Want to see what an engaged consumer looks like? Watch a five-year old play with a tablet and a YouTube feed. If you have young kids, you probably already know that they engage with content and devices a little differently. But did you know that their influence can be seen across the entire home media landscape? Kids, and young kids in particular, impact every aspect of home entertainment, from the services paid-for to the devices used, and the change behaviour of the household in general.
Kids’ TV executives have been racing to keep up, and it is in the provision of content services aimed at children that we see some of the most ambitious moves towards next-generation TV, with the provision of direct-to-consumer apps; experiments with new sources of programming; and development of ancillary content.
The business chain has also evolved to incorporate growing opportunities for merchandising, as kids engage with their favourite characters off-screen, even as the distinction between physical and screen media blurs through content such as YouTube unboxing videos and in-app shorts based on toys.
Yet as Sky’s Head of Kids’ Content, Lucy Murphy explains, ‘kids’ is not a single audience: “it’s many different audiences… if you think developmentally, our content goes from two up to twelve and within that audience there is an enormous range”, she says.
Engaging older children is notoriously difficult as they move away from the plethora of content services aimed at younger kids and search out more ‘adult’ content. Interestingly, Ampere research shows that homes with older children re-engage with linear TV and move away from some of the next-generation platforms before migrating to a different set of video providers and apps—primarily social-media driven—when they reach teenage years. This developmental arc is reflected in viewing time, app usage and household device ownership.
Homes with young kids are far more likely to be making use of Subscription Video on Demand (SVoD) to provide at least part of their in-home entertainment mix. But generally, these homes are not rejecting traditional pay TV. They are far more likely to change pay TV provider but, with a couple of market exceptions, generally don’t desert pay TV altogether.
The battle is on, though. Providers of SVoD services have increasingly recognised the importance of a focus on kids’ content with up to 15% of the total catalogue of some providers dedicated to children’s entertainment. Much is acquired, but original-production is ascending in importance.
SVoD providers see the importance of kids’ content, and traditional pay TV providers continue to focus on key children’s channel brands to build their audience, but YouTube is already a huge player in the children’s entertainment market (cf. kids’ channel Little Baby Bum, below). Ampere research shows that the top fifty kids’ YouTube channels alone have nearly 28,000 programmes, representing more than 3,994 hours-worth of children’s content between them. The key question is: to what extent is this replacing rather than supplementing traditional TV content?

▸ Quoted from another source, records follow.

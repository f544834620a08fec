-- ===== src/Media/Governed.antt =====
-- What a download asks for and what it returns.
use oasis_supabase_core.Prelude.{
  ℕ, ◌+◌, ◌≤◌, ◌<◌, ◌≡◌, refl, ap, subst, min, max, true, false, ◌&&◌, ◌||◌, not, Option, none,
  some, List, [], ◌∷◌, ◌++◌, Text, codes, text_eq, text_eq_iff, nonempty, length, length-append,
  ltb, leb, ◌==◌, arith, Bool-cases, ◌⊎◌, inl, inr,
}
use oasis_supabase_core.Prelude.Exec.{Result, ok, thrown, continue}
use oasis_supabase_core.OperatorReply.Dispatch.{is_ok_status}
use oasis_supabase_core.Packet.Content.{Media}
use oasis_supabase_core.Media.{
  Url, ProviderHeaders, Stream, ended, broken, chunk, Fetched, fetch_failed, response, MediaDeps,
  is_listed, read_chunks, read_bounded_response_body, configured_host_suffixes, checked_url,
  without_last_dot, parse_governed_whatsapp_media_url, is_click2api_media_host, headers_for,
  after_fetch, fetch_validated, download_governed_whatsapp_media, default_media_fetch_timeout_ms,
  is_above, with_bytes,
}

-- A call of `fetch`.
pub record Call : Type 0 where
  pub url : Url
  pub headers : ProviderHeaders
  pub timeout : ℕ

-- `fetch` with a log of its calls beside the store
abbrev pub logged : {S : Type 0} → MediaDeps S → MediaDeps (S × List Call)
logged deps = record {
  parse_url = deps.parse_url;
  to_lower_case = deps.to_lower_case;
  number = deps.number;
  supabase_url = deps.supabase_url;
  allowed_hosts = deps.allowed_hosts;
  api_key = deps.api_key;
  access_token = deps.access_token;
  fetch = λ url headers timeout s.
      let r = deps.fetch url headers timeout s.0 in
      (r.0, (r.1, s.1 ++ record { url = url; headers = headers; timeout = timeout } ∷ []));
}

abbrev pub no_headers : ProviderHeaders
no_headers = record { apikey = none; authorization = none }

-- A call goes over HTTPS, without credentials, to a listed host; the provider's keys go only to the
-- provider; and it ends in 20 seconds at most.
pub record IsGovernedCall {S : Type 0} (deps : MediaDeps S) (c : Call) : Type 0 where
  pub secure : c.url.protocol ≡ codes "https:"
  pub anonymous : (c.url.username ≡ []) × (c.url.password ≡ [])
  pub listed : is_listed (configured_host_suffixes deps) (deps.to_lower_case c.url.hostname) ≡ true
  pub keyed : (is_click2api_media_host deps c.url.hostname ≡ true) ⊎ (c.headers ≡ no_headers)
  pub timely : (1 ≤ c.timeout) × (c.timeout ≤ default_media_fetch_timeout_ms)

abbrev pub IsWithin : ℕ → Result Media → Type 0
IsWithin max_bytes (ok media) = (0 < length media.bytes) × (length media.bytes ≤ max_bytes)
IsWithin max_bytes (thrown message) = Unit

abbrev BytesWithin : ℕ → Result (List ℕ) → Type 0
BytesWithin max_bytes (ok bytes) = (0 < length bytes) × (length bytes ≤ max_bytes)
BytesWithin max_bytes (thrown message) = Unit

read_chunks-BytesWithin :
    (max_bytes total : ℕ) (bytes : List ℕ) (stream : Stream)
    → length bytes ≡ total
    → total ≤ max_bytes
    → BytesWithin max_bytes (read_chunks max_bytes total bytes stream)
unfolding read_chunks
read_chunks-BytesWithin max_bytes total bytes ended e small = elim (Bool-cases (total == 0)) [
  | inl nothing ↦ rw nothing tt
  | inr something ↦ rw something (ground arith, omega (arith, e, small))
]
read_chunks-BytesWithin max_bytes total bytes (broken message) e small = tt
read_chunks-BytesWithin max_bytes total bytes (chunk [] rest) e small =
    read_chunks-BytesWithin max_bytes total bytes rest e small
read_chunks-BytesWithin max_bytes total bytes (chunk (b ∷ bs) rest) e small =
    elim (Bool-cases (ltb max_bytes (total + length (b ∷ bs)))) [
      | inl large ↦ rw large tt
      | inr fits ↦ rw fits (
          read_chunks-BytesWithin max_bytes (total + length (b ∷ bs)) (bytes ++ b ∷ bs) rest
            (omega (arith, e, length-append bytes (b ∷ bs))) (ground arith))
    ]

read_body-BytesWithin :
    (max_bytes : ℕ) (body : Option Stream)
    → BytesWithin max_bytes (read_bounded_response_body max_bytes body)
unfolding read_bounded_response_body
read_body-BytesWithin max_bytes none = tt
read_body-BytesWithin max_bytes (some stream) =
    read_chunks-BytesWithin max_bytes 0 [] stream refl (omega arith)

abbrev IsSafe : Url → Type 0
IsSafe url = (url.protocol ≡ codes "https:") × (url.username ≡ []) × (url.password ≡ [])

nonempty-nil : (s : Text) → nonempty s ≡ false → s ≡ []
nonempty-nil [] e = refl
nonempty-nil (c ∷ s) e = cc

module _ {S : Type 0} (deps : MediaDeps S) where
  with_bytes-IsWithin :
      (max_bytes : ℕ) (mime : Text) (r : Result (List ℕ))
      → BytesWithin max_bytes r
      → IsWithin max_bytes (with_bytes mime r)
  unfolding with_bytes
  with_bytes-IsWithin max_bytes mime (ok bytes) h = h
  with_bytes-IsWithin max_bytes mime (thrown message) h = tt

  after_fetch-IsWithin :
      (max_bytes : ℕ) (fetched : Fetched) → IsWithin max_bytes (after_fetch deps max_bytes fetched)
  unfolding after_fetch
  after_fetch-IsWithin max_bytes (fetch_failed message) = tt
  after_fetch-IsWithin max_bytes (response status content_length content_type body) =
      elim (Bool-cases (leb 300 status && ltb status 400)) [
        | inl redirect ↦ rw redirect tt
        | inr direct ↦ elim (Bool-cases (is_ok_status status)) [
          | inr bad ↦ rw (direct, bad) tt
          | inl good ↦ elim (Bool-cases (is_above (deps.number content_length) max_bytes)) [
            | inl above ↦ rw (direct, good, above) tt
            | inr below ↦
                rw (direct, good, below)
                  (with_bytes-IsWithin max_bytes _ (read_bounded_response_body max_bytes body)
                    (read_body-BytesWithin max_bytes body))
          ]
        ]
      ]

  checked_url-IsSafe :
      (parsed : Option Url) (url : Url)
      → checked_url deps parsed ≡ ok url
      → (parsed ≡ some url) × IsSafe url
  unfolding checked_url
  checked_url-IsSafe none url e = absurd (ground arith)
  checked_url-IsSafe (some u) url e =
      let hosts = configured_host_suffixes deps in
      let host = without_last_dot (deps.to_lower_case u.hostname) in
      elim (Bool-cases (text_eq u.protocol (codes "https:"))) [
        | inr p ↦ absurd (ground arith)
        | inl p ↦ elim (Bool-cases (nonempty u.username || nonempty u.password)) [
          | inl c ↦ absurd (ground arith)
          | inr c ↦ elim (Bool-cases (is_listed hosts host)) [
            | inr h ↦ absurd (ground arith)
            | inl h ↦
                let same : u ≡ url = ground arith in
                (
                  ap some same,
                  subst IsSafe same (
                    (text_eq_iff u.protocol (codes "https:")).0 p,
                    nonempty-nil u.username (ground arith),
                    nonempty-nil u.password (ground arith),
                  ),
                )
          ]
        ]
      ]

  headers_for-keyed :
      (hostname : Text)
      → (is_click2api_media_host deps hostname ≡ true) ⊎ (headers_for deps hostname ≡ no_headers)
  unfolding headers_for
  headers_for-keyed hostname = elim (Bool-cases (is_click2api_media_host deps hostname)) [
    | inl provider ↦ inl provider
    | inr other ↦ rw other (inr refl)
  ]

-- What a download did: it called `fetch` at most once, for the URL that it was given, as governed.
abbrev pub IsGoverned :
    {S : Type 0} → MediaDeps S → Text → ℕ → List Call → Result Media × (S × List Call) → Type 0
IsGoverned deps media_url max_bytes log run =
    ((run.1.1 ≡ log)
      ⊎ ((c : Call) × (run.1.1 ≡ log ++ c ∷ [])
          × (deps.parse_url media_url ≡ some c.url)
          × IsGovernedCall deps c))
    × IsWithin max_bytes run.0

module _ {S : Type 0} (deps : MediaDeps S) (media_url : Text) (max_bytes timeout : ℕ) where
  fetch_validated-IsGoverned :
      (url : Url) (s : S) (log : List Call)
      → deps.parse_url media_url ≡ some url
      → IsSafe url
      → IsGoverned deps media_url max_bytes log
          (fetch_validated (logged deps) url max_bytes timeout (s, log))
  unfolding fetch_validated is_listed configured_host_suffixes headers_for is_click2api_media_host
  fetch_validated-IsGoverned url s log parsed (secure, username, password) =
      elim (Bool-cases (
        not (is_listed (configured_host_suffixes deps) (deps.to_lower_case url.hostname))
        || not (text_eq url.protocol (codes "https:")))) [
          | inl refused ↦ rw refused (inl refl, tt)
          | inr fine ↦
              let time = max 1 (min timeout default_media_fetch_timeout_ms) in
              let answer = deps.fetch url (headers_for deps url.hostname) time s in
              let call : Call = record {
                url = url;
                headers = headers_for deps url.hostname;
                timeout = time;
              } in
              let good : IsGovernedCall deps call = record {
                secure = secure;
                anonymous = (username, password);
                listed = ground arith;
                keyed = headers_for-keyed deps url.hostname;
                timely = (omega arith, omega arith);
              } in
              rw fine (
                inr (call, refl, parsed, good),
                after_fetch-IsWithin (logged deps) max_bytes answer.0,
              )
        ]

  continue-IsGoverned :
      (r : Result Url) (s : S) (log : List Call)
      → parse_governed_whatsapp_media_url deps media_url ≡ r
      → IsGoverned deps media_url max_bytes log
          (continue r (λ url t. fetch_validated (logged deps) url max_bytes timeout t) (s, log))
  unfolding parse_governed_whatsapp_media_url
  continue-IsGoverned (thrown message) s log e = (inl refl, tt)
  continue-IsGoverned (ok url) s log e =
      let (parsed, safe) = checked_url-IsSafe deps (deps.parse_url media_url) url e in
      fetch_validated-IsGoverned url s log parsed safe

  -- A download calls `fetch` at most once, for the URL that it was given: over HTTPS, without credentials
  -- in the URL, to a listed host or a subdomain of one, with the provider's keys only when the host is the
  -- provider's, and with a limit of 20 seconds at most. A medium that it returns is not empty and has no
  -- more bytes than asked for.
  pub download_governed_whatsapp_media-IsGoverned :
      (s : S) (log : List Call)
      → IsGoverned deps media_url max_bytes log
          (download_governed_whatsapp_media (logged deps) media_url max_bytes timeout (s, log))
  unfolding download_governed_whatsapp_media parse_governed_whatsapp_media_url fetch_validated
      configured_host_suffixes
  download_governed_whatsapp_media-IsGoverned s log =
      continue-IsGoverned (parse_governed_whatsapp_media_url deps media_url) s log refl
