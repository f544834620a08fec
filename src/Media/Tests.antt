-- ===== src/Media/Tests.antt =====
-- A medium of the provider's host in two chunks, one that is too large, and a host with a last dot.
use oasis_supabase_core.Prelude.{trim}
use oasis_supabase_core.OperatorReply.Dispatch.{is_ok_status}
use oasis_supabase_core.Media.{after_fetch}
use oasis_supabase_core.Media.{fetch_validated}
use oasis_supabase_core.Media.{default_host_suffixes}
use oasis_supabase_core.Prelude.{distinct}
use oasis_supabase_core.Media.{configured_host_suffixes}
use oasis_supabase_core.Media.{is_listed}
use oasis_supabase_core.Media.{parse_governed_whatsapp_media_url}
use oasis_supabase_core.Media.{read_chunks}
use oasis_supabase_core.Prelude.{ℕ, ◌+◌, ◌≡◌, refl, none, some, List, [], ◌∷◌, Text, codes, text_eq}
use oasis_supabase_core.Prelude.Exec.{ok, thrown}
use oasis_supabase_core.Media.{
  Url, Stream, ended, chunk, response, MediaDeps, download_governed_whatsapp_media,
  read_bounded_response_body,
}
use oasis_supabase_core.Media.Governed.{
  Call, logged, IsGoverned, download_governed_whatsapp_media-IsGoverned,
}

abbrev url_of : Text → Url
url_of host = record {
  href = host;
  protocol = codes "https:";
  username = [];
  password = [];
  hostname = host;
}

abbrev body : Stream
body = chunk (1 ∷ 2 ∷ []) (chunk [] (chunk (3 ∷ []) ended))

-- a URL is parsed as its host
abbrev deps : MediaDeps ℕ
deps = record {
  parse_url = λ text. some (url_of text);
  to_lower_case = λ s. s;
  number = λ header. none;
  supabase_url = codes "p.supabase.co";
  allowed_hosts = codes " .cdn.example ,";
  api_key = codes "k";
  access_token = [];
  fetch = λ url headers timeout s.
      (response 200 none (some (codes "image/png; q=1")) (some body), s + 1);
}

body_test : read_bounded_response_body 3 (some body) ≡ ok (1 ∷ 2 ∷ 3 ∷ [])
unfolding read_bounded_response_body read_chunks
body_test = refl

large_test : read_bounded_response_body 2 (some body) ≡ thrown (codes "MEDIA_TOO_LARGE")
unfolding read_bounded_response_body read_chunks
large_test = refl

download_test :
    download_governed_whatsapp_media deps (codes "m.click2api.in") 10 500 0
    ≡ (ok (record { bytes = 1 ∷ 2 ∷ 3 ∷ []; mime = codes "image/png" }), 1)
unfolding download_governed_whatsapp_media parse_governed_whatsapp_media_url text_eq codes is_listed
    configured_host_suffixes distinct default_host_suffixes fetch_validated after_fetch is_ok_status
    read_bounded_response_body read_chunks trim
download_test = refl

last_dot_test :
    download_governed_whatsapp_media deps (codes "click2api.in.") 10 500 0
    ≡ (thrown (codes "MEDIA_HOST_NOT_ALLOWED"), 0)
unfolding download_governed_whatsapp_media parse_governed_whatsapp_media_url text_eq codes is_listed
    configured_host_suffixes distinct default_host_suffixes fetch_validated trim
last_dot_test = refl

abbrev no_calls : List Call
no_calls = []

download_governed_whatsapp_media-IsGoverned_example :
    IsGoverned deps
      (codes "m.click2api.in")
      10
      no_calls
      (download_governed_whatsapp_media (logged deps) (codes "m.click2api.in") 10 500 (0, no_calls))
download_governed_whatsapp_media-IsGoverned_example =
    download_governed_whatsapp_media-IsGoverned deps (codes "m.click2api.in") 10 500 0 no_calls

What’s clear is that the duration and frequency of kids’ content on YouTube is growing. So while short-form still rules, there is an increasing volume of compilation and longer-form video that can engage kids for traditional-TV programme lengths or longer. That said, the average length of content on the top 50 YouTube channels for young kids is eight and a half minutes.
The top YouTube channels are also increasing the rate at which they produce content. On average, the number of pieces of content produced per channel each month is more than 20, up over 25% since last year and four times the rate of just two years ago. Kids have a voracious appetite for YouTube content. And that content is getting more ‘TV like’.
Traditional content owners know they have to be on YouTube to reach their audience. Explains Patricia Hidalgo, SVP Content for Turner: “We need to be where kids are, and so we utilise YouTube in order to reach out to kids and in order to grow our brands.” She adds: “Kids use YouTube as a search engine – they don’t Google, they now YouTube for anything they want to know.”
All these developments have had a major impact on the production landscape with executives mining new sources for character and show Intellectual Property (IP), from games to digital shorts to apps. And because of the increasing use by children of tablets and other mobile devices, shorter, more interactive formats—that account for both the viewing behaviour and the unique one-on-one screen environment—can work better than traditional longer-form programming.
But whatever the realities of the modern child’s content preferences and device engagement, two things that remain core to the production of successful kids’ content are passion and compassion. As Valeria Dobrolyubova of distributor Mirsand puts it: “The future lies with kids’ entertainment that aims to make the world better though the hearts and minds of creatives who were once children themselves.”
That sentiment is immune to market change and geography. After all, adds Mattel’s SVP Content, Christopher Keenan: “Growing up and finding your place within the world are universal truths shared by children everywhere.”